Nitpick: The five-factor scale (extroversion, agreeableness, openness, conscientiousness, and neuroticism) both reproduces and makes good life predictions.

MBTI and most other personality tests unfortunately seem to be astrology for the scientifically oriented.

The correlation between MBTI and the Big-5 is surprisingly strong (except for neuroticism, which has no representation in the MBTI):

https://en.wikipedia.org/wiki/Myers%E2%80%93Briggs_Type_Indi...

I look at personality typologies in general as approximations. If you actually want to get to know a person, get to know them. But when you need to make a snap judgment about how someone might see the world and react to you, on very little information, it's handy to have a general archetype as guidelines. You can fill in all the details later.

It's not unlike Carmack's fast inverse square root, a Bloom filter, or how Google hasn't used PageRank since 2006 (instead substituting a cheaper-to-calculate approximation). Yes, they give wrong answers. But the answers are usually close enough that when you lack the computing power to get a better result, they'll do.

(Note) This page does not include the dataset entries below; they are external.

-- ===== src/Evr/Tests.antt =====
-- Instances of the theorem about versions.
use poldek.Base.{some, arith}
use poldek.Base.Bytes.{Bytes, codes}
use poldek.Evr.RoundTrip.{IsVersion, IsRelease?}

abbrev version : Bytes
version = codes "1.0"

abbrev release : Bytes
release = codes "2-rc"

version-IsVersion : IsVersion version
version-IsVersion = record { some_byte = λ e. ground arith; plain = ground arith }

release-IsRelease : IsRelease? (some release)
release-IsRelease = ((λ e. ground arith), ground arith)
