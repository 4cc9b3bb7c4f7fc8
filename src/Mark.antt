-- ===== src/Mark.antt =====
-- pkgmark.c: sets of marked packages, and marking a package with what it requires. A package is a
-- number for its address. The hash `ht` is the list of its entries; trurlib's `n_hash_get` and
-- `n_hash_insert` find and add an entry by its key. A mark set made with PKGMARK_SET_IDNEVR names
-- packages by `pkg_id`, the others by their printed address (`%p`, a parameter).
-- `pkgset_get_required_packages` is the parameter `required`, an empty list for NULL. Messages and
-- the table of unmatched requirements are left out.
pub mod Refine
pub mod Visit
pub mod Closed
mod Tests
use poldek.Base.{
  ℕ, zero, suc, ◌+◌, Bool, true, false, not, ◌&&◌, ◌||◌, Option, none, some, List, [], ◌∷◌, ltb,
  if◌then◌else◌,
}
use poldek.Base.Bytes.{Bytes, str_eq}
use poldek.Pkg.{Pkg}
use poldek.Order.{Rp, Reqpkg}

-- The bits PKGMARK_MARK, _DEP, _RM, _INTERNAL and _UNMETDEPS of a flag word.
pub record MarkFlags : Type 0 where
  pub mark : Bool
  pub dep : Bool
  pub rm : Bool
  pub internal : Bool
  pub unmetdeps : Bool

abbrev pub no_marks : MarkFlags
no_marks = record { mark = false; dep = false; rm = false; internal = false; unmetdeps = false }

abbrev pub pkgmark_mark : MarkFlags
pkgmark_mark = record no_marks { mark = true }

abbrev pub pkgmark_dep : MarkFlags
pkgmark_dep = record no_marks { dep = true }

abbrev pub pkgmark_any : MarkFlags
pkgmark_any = record no_marks { mark = true; dep = true }

-- `flags | flag`
abbrev pub with_flag : MarkFlags → MarkFlags → MarkFlags
with_flag flags flag = record {
  mark = flags.mark || flag.mark;
  dep = flags.dep || flag.dep;
  rm = flags.rm || flag.rm;
  internal = flags.internal || flag.internal;
  unmetdeps = flags.unmetdeps || flag.unmetdeps;
}

-- `flags & ~flag`
abbrev pub without_flag : MarkFlags → MarkFlags → MarkFlags
without_flag flags flag = record {
  mark = flags.mark && not flag.mark;
  dep = flags.dep && not flag.dep;
  rm = flags.rm && not flag.rm;
  internal = flags.internal && not flag.internal;
  unmetdeps = flags.unmetdeps && not flag.unmetdeps;
}

-- `flags & flag`, as a test.
abbrev pub has_any : MarkFlags → MarkFlags → Bool
has_any flags flag =
    (flags.mark && flag.mark)
    || ((flags.dep && flag.dep)
        || ((flags.rm && flag.rm)
            || ((flags.internal && flag.internal) || (flags.unmetdeps && flag.unmetdeps))))

abbrev pub changed : Bool → MarkFlags → MarkFlags → MarkFlags
changed set flags flag = if set then with_flag flags flag else without_flag flags flag

-- An entry of the hash: its key and its `struct pkg_mark`.
pub record PkgMark : Type 0 where
  pub id : Bytes
  pub pkg : ℕ
  pub flags : MarkFlags

-- `struct pkgmark_set`
pub record PkgmarkSet : Type 0 where
  pub idnevr : Bool
  pub ht : List PkgMark

abbrev pub pkgmark_set_new : Bool → PkgmarkSet
pkgmark_set_new idnevr = record { idnevr = idnevr; ht = [] }

-- `n_hash_get`
unfoldable pub get : Bytes → List PkgMark → Option PkgMark
get id [] = none
get id (m ∷ ms) = if str_eq m.id id then some m else get id ms

-- The change of the flags of the entry that `n_hash_get` returns, in place.
unfoldable pub change : Bytes → Bool → MarkFlags → List PkgMark → List PkgMark
change id set flag [] = []
change id set flag (m ∷ ms) =
    let rest = change id set flag ms in
    if str_eq m.id id then record m { flags = changed set m.flags flag } ∷ ms else m ∷ rest

module _ (pkg_at : ℕ → Pkg) (printed : ℕ → Bytes) where
  abbrev pub package_id : Bool → ℕ → Bytes
  package_id idnevr p = if idnevr then (pkg_at p).nvr else printed p

  -- `pkgmark_set`; the bits of an entry that is made are those of `flag`.
  unfoldable pub pkgmark_set : PkgmarkSet → ℕ → Bool → MarkFlags → PkgmarkSet
  pkgmark_set pms p set flag =
      let id = package_id pms.idnevr p in
      elim (get id pms.ht) [
        | some m ↦ record pms { ht = change id set flag pms.ht }
        | none ↦
            if set
            then record pms {
              ht = record { id = id; pkg = p; flags = with_flag no_marks flag } ∷ pms.ht;
            }
            else pms
      ]

  -- `pkgmark_isset`
  unfoldable pub pkgmark_isset : PkgmarkSet → ℕ → MarkFlags → Bool
  pkgmark_isset pms p flag = elim (get (package_id pms.idnevr p) pms.ht) [
    | none ↦ false
    | some m ↦ has_any m.flags flag
  ]

  -- The packages that `pkgmark_get_packages` finds with a flag, an empty list for NULL.
  unfoldable pub pkgmark_get_packages : List PkgMark → MarkFlags → List ℕ
  pkgmark_get_packages [] flag = []
  pkgmark_get_packages (m ∷ ms) flag =
      let rest = pkgmark_get_packages ms flag in if has_any m.flags flag then m.pkg ∷ rest else rest

-- The loop of `pkgmark_massset`.
unfoldable pub pkgmark_massset : Bool → MarkFlags → List PkgMark → List PkgMark
pkgmark_massset set flag [] = []
pkgmark_massset set flag (m ∷ ms) =
    record m { flags = changed set m.flags flag } ∷ pkgmark_massset set flag ms
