-- ===== src/Mark/Visit.antt =====
-- pkgmark.c: the marking of packages with what they require. The recursion of `visit_mark_reqs`
-- takes fuel, and `none` means that it ran out. Counts of packages stay far below INT_MAX.
pub mod Marked
pub mod Step
pub mod Closure
pub mod Whole
use poldek.Base.{
  ℕ, zero, suc, ◌+◌, ◌-◌, ◌^◌, Bool, true, false, not, ◌&&◌, ◌||◌, Option, none, some, List, [],
  ◌∷◌, length, ltb, if◌then◌else◌,
}
use poldek.Base.Bytes.{Bytes}
use poldek.Pkg.{Pkg}
use poldek.Order.{Rp, Reqpkg}
use poldek.Mark.{PkgmarkSet, pkgmark_mark, pkgmark_dep, pkgmark_any, pkgmark_set, pkgmark_isset}

-- The alternatives of a requirement behind the first one.
abbrev pub others : Reqpkg → List Rp
others r = if r.multi then r.adds else []

abbrev pub pkgs_of : List Rp → List ℕ
pkgs_of [] = []
pkgs_of (rp ∷ rps) = rp.pkg ∷ pkgs_of rps

module _ (pkg_at : ℕ → Pkg) (printed : ℕ → Bytes) (required : ℕ → List Reqpkg) where
  -- `pkg_is_marked`, `pkg_is_dep_marked`, `pkg_dep_mark` and `pkg_hand_mark`
  abbrev pub is_marked : PkgmarkSet → ℕ → Bool
  is_marked pms p = pkgmark_isset pkg_at printed pms p pkgmark_any

  abbrev pub is_dep_marked : PkgmarkSet → ℕ → Bool
  is_dep_marked pms p = pkgmark_isset pkg_at printed pms p pkgmark_dep

  abbrev pub dep_mark : PkgmarkSet → ℕ → PkgmarkSet
  dep_mark pms p = pkgmark_set pkg_at printed pms p true pkgmark_dep

  abbrev pub hand_mark : PkgmarkSet → ℕ → PkgmarkSet
  hand_mark pms p = pkgmark_set pkg_at printed pms p true pkgmark_mark

  pub any_marked : PkgmarkSet → List ℕ → Bool
  any_marked pms [] = false
  any_marked pms (p ∷ ps) = is_marked pms p || any_marked pms ps

  -- The loop of `pkgmark_pkg_drags`; `drags` is the recursive call.
  drags_loop : (ℕ → ℕ) → PkgmarkSet → List Reqpkg → ℕ
  drags_loop drags pms [] = 0
  drags_loop drags pms (r ∷ rs) =
      let further = drags_loop drags pms rs in
      if is_marked pms r.rp.pkg || any_marked pms (pkgs_of (others r))
      then further
      else drags r.rp.pkg + 1 + further

  pub pkgmark_pkg_drags : PkgmarkSet → ℕ → ℕ → ℕ
  pkgmark_pkg_drags pms zero p = 0
  pkgmark_pkg_drags pms (suc deep) p = drags_loop (pkgmark_pkg_drags pms deep) pms (required p)

  -- The equivalent that drags fewest packages, the first of these.
  pub fewest : PkgmarkSet → ℕ → ℕ → List ℕ → ℕ
  fewest pms tomark ndragged_min [] = tomark
  fewest pms tomark ndragged_min (p ∷ ps) =
      let ndragged = pkgmark_pkg_drags pms 2 p in
      let taken = fewest pms p ndragged ps in
      let left = fewest pms tomark ndragged_min ps in
      if ltb ndragged ndragged_min then taken else left

  -- The package to mark for a requirement, `INT_MAX - 1` being the first minimum.
  pub tomark_of : PkgmarkSet → ℕ → List ℕ → ℕ
  tomark_of pms p [] = p
  tomark_of pms p (q ∷ qs) = fewest pms p (2 ^ 31 - 2) (p ∷ q ∷ qs)

  -- One requirement; `visit` is the recursive call.
  pub visit_req : (PkgmarkSet → ℕ → Option PkgmarkSet) → Reqpkg → PkgmarkSet → Option PkgmarkSet
  visit_req visit r pms =
      if is_marked pms r.rp.pkg || any_marked pms (pkgs_of (others r))
      then some pms
      else visit pms (tomark_of pms r.rp.pkg (pkgs_of (others r)))

  pub visit_reqs :
      (PkgmarkSet → ℕ → Option PkgmarkSet) → List Reqpkg → PkgmarkSet → Option PkgmarkSet
  visit_reqs visit [] pms = some pms
  visit_reqs visit (r ∷ rs) pms = elim (visit_req visit r pms) [
    | none ↦ none
    | some t ↦ visit_reqs visit rs t
  ]

  -- `visit_mark_reqs`
  pub visit_mark_reqs : ℕ → PkgmarkSet → ℕ → Option PkgmarkSet
  visit_mark_reqs zero pms p = none
  visit_mark_reqs (suc fuel) pms p =
      if is_dep_marked pms p
      then some pms
      else visit_reqs (visit_mark_reqs fuel) (required p)
          (if is_marked pms p then pms else dep_mark pms p)

  abbrev pub hand_mark_all : List ℕ → PkgmarkSet → PkgmarkSet
  hand_mark_all [] pms = pms
  hand_mark_all (p ∷ ps) pms = hand_mark_all ps (hand_mark pms p)

  pub visit_all : ℕ → List ℕ → PkgmarkSet → Option PkgmarkSet
  visit_all fuel [] pms = some pms
  visit_all fuel (p ∷ ps) pms = elim (visit_mark_reqs fuel pms p) [
    | none ↦ none
    | some t ↦ visit_all fuel ps t
  ]

  -- `depmark_packages` and `packages_mark`, with the fuel that the visits get.
  unfoldable pub depmark_packages : ℕ → Bool → List ℕ → PkgmarkSet → Option PkgmarkSet
  unfolding visit_mark_reqs visit_reqs visit_req visit_all tomark_of fewest pkgmark_pkg_drags
      drags_loop any_marked
  depmark_packages fuel withdeps pkgs pms =
      if withdeps
      then visit_all fuel pkgs (hand_mark_all pkgs pms)
      else some (hand_mark_all pkgs pms)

The biggest issue w/ MBTI and others like it is the desire to put you into a category as an outcome. This is really bad for reliability of the test - take it again and change just a few answers, you may be in a different category altogether! But it's often great for sparking team discussions on norms, behaviors, etc. But the sheen of science and validity can be misleading.
That's reasonable.

As I see it, even assuaging fear of the unknown seems like it could be a valuable benefit. Especially if freedom from fear helps someone to make better decisions based on the information that they have.

I see this as why humans love stories so much. An explanation with a beginning, a middle, and an end. The human condition is facing the unknown.
Heuristics also provide the same benefits, and are the source of the "facts" in your comment.

Rationalism is a lot like astrology in many ways, interestingly.